Rural members were threatening to bolt our caucus. To smooth matters over, Rock asked a committee co-chaired by an urban member (the late Shaunessey Cohen) and a rural member (Kenora-Rainy River's Bob Nault) to come up with a compromise.

A fractious consensus was reached which left no one happy but which permitted us to limp through the 1997 election with a reduced majority. One element of the compromise was a recommendation that the gun registry not be run by the department of justice. (Caucus predicted that an Ottawa-based agency would be the wrong place to speedily deliver a registration system that had to be seamless, if the government was ever going to win over the naysayers. We were right!)

The registry was a bureaucratic nightmare which was so over-budget and underperforming that it became a constant source of embarrassment. MPs and ministers who had guns (and there were many) complained they couldn't even get through on the toll-free line to register. Eventually the whole mess was turned over to the RCMP.

By reopening the issue, PM Paul Martin may end up hurting his cause.

Most Canadians, in principle, favour limitations on the use of guns. Most do not use them in their daily lives. But for those who do, legitimately, the gun registry exemplifies all that does not work in the ivory gun-free tower of the nation's capital.
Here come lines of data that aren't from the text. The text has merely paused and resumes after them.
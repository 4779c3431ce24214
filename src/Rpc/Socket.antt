-- ===== src/Rpc/Socket.antt =====
-- internal/smoke/probe.go: socketSession, the session over HTTP on a package's socket. The package
-- answers a request from those before it, or the request fails; JSON decoding is a parameter.
use mcp_library.Common.{ℕ, suc, ◌||◌, not, List, [], ◌∷◌, Option, none, some, ◌==◌, if◌then◌else◌}
use mcp_library.Common.Decimal.{itoa}
use mcp_library.Common.Int.{pos}
use mcp_library.Common.Result.{Result, ok, err}
use mcp_library.Common.Text.{Text, codes, text_eq}
use mcp_library.Rpc.{Incoming, CallError, outcome}
use mcp_library.Rpc.Frames.{EventLine, ReadError, read_response}

pub record Response : Type 0 where
  pub status : ℕ
  pub session_id : Text
  pub content_type : Text
  pub body : Text
  pub lines : List EventLine

-- A request, with the headers that depend on the session.
pub record Post : Type 0 where
  pub id : Option ℕ
  pub method : Text
  pub session_header : Option Text
  pub protocol_header : Option Text

-- The requests and what came of them, the newest first.
abbrev pub Log : Type 0
Log = List (Post × Option Response)

pub record Socket : Type 0 where
  pub next : ℕ
  pub session : Text
  pub protocol : Text

abbrev pub new_socket : Socket
new_socket = record { next = 0; session = []; protocol = [] }

pub data SocketError : Type 0 where
  not_posted : SocketError
  http_status : ℕ → SocketError
  not_read : ReadError → SocketError
  answered : CallError → SocketError

abbrev pub header : Text → Option Text
header value = if text_eq value [] then none else some value

abbrev pub post_of : Option ℕ → Text → Socket → Post
post_of id method s = record {
  id = id;
  method = method;
  session_header = header s.session;
  protocol_header = header s.protocol;
}

-- The session that a response mints is kept.
abbrev pub keep_session : Option Response → Socket → Socket
keep_session none s = s
keep_session (some r) s = if text_eq r.session_id [] then s else record s { session = r.session_id }

abbrev pub learn : Option Text → Socket → Socket
learn none s = s
learn (some version) s = record s { protocol = version }

abbrev pub answer_of : Result CallError Text → Result SocketError Text
answer_of (ok text) = ok text
answer_of (err why) = err (answered why)

abbrev pub accepted : Option Response → Result SocketError Text
accepted none = err not_posted
accepted (some r) = if r.status == 202 || r.status == 200 then ok [] else err (http_status r.status)

pub record Exchanged : Type 0 where
  pub result : Result SocketError Text
  pub state : Socket
  pub log : Log

module _ (decode : Text → Option Incoming) where
  -- The message that a call reads.
  unfoldable pub read_reply : ℕ → Option Response → Result SocketError Incoming
  unfolding itoa read_response
  read_reply id none = err not_posted
  read_reply id (some r) =
      if not (r.status == 200)
      then err (http_status r.status)
      else elim (read_response decode (itoa (pos id)) r.content_type r.body r.lines) [
        | err why ↦ err (not_read why)
        | ok m ↦ ok m
      ]

abbrev pub result_of : Result SocketError Incoming → Result SocketError Text
result_of (err why) = err why
result_of (ok m) = answer_of (outcome m)

module _ (decode_version : Text → Option Text) where
  -- The revision that an answer to initialize names.
  abbrev pub version_in : Text → Result SocketError Incoming → Option Text
  version_in method (err why) = none
  version_in method (ok m) = elim m.error [
    | some e ↦ none
    | none ↦ if text_eq method (codes "initialize") then decode_version m.result else none
  ]

module _ (decode : Text → Option Incoming) (decode_version : Text → Option Text)
    (server : Log → Post → Option Response) where
  unfoldable pub call : Text → Socket → Log → Exchanged
  unfolding read_reply
  call method s log =
      let id = suc s.next in
      let sent = post_of (some id) method s in
      let response = server log sent in
      let reply = read_reply decode id response in
      record {
        result = result_of reply;
        state =
            learn (version_in decode_version method reply)
              (keep_session response (record s { next = id }));
        log = (sent, response) ∷ log;
      }

module _ (server : Log → Post → Option Response) where
  unfoldable pub notify : Text → Socket → Log → Exchanged
  notify method s log =
      let sent = post_of none method s in
      let response = server log sent in
      record {
        result = accepted response;
        state = keep_session response s;
        log = (sent, response) ∷ log;
      }

-- The session that a DELETE names, where one is sent.
unfoldable pub close : Socket → Option Text
close s = header s.session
It also serves to reinforce the impression that the current registry is not working. If it were so successful, why are unregistered arms of all types littering the streets of cities like Toronto? Confused Canadians want to know why Karla Homolka can walk free and law-abiding citizens are getting hit with even more bureaucracy.

This latest move has little to do with gun control results. It has a lot to do with widening the split between progressive Liberals and regressive Tories. Unfortunately, the split goes beyond political parties. It serves to reinforce the view of rural Canadians that their voices, and their votes, don't really count.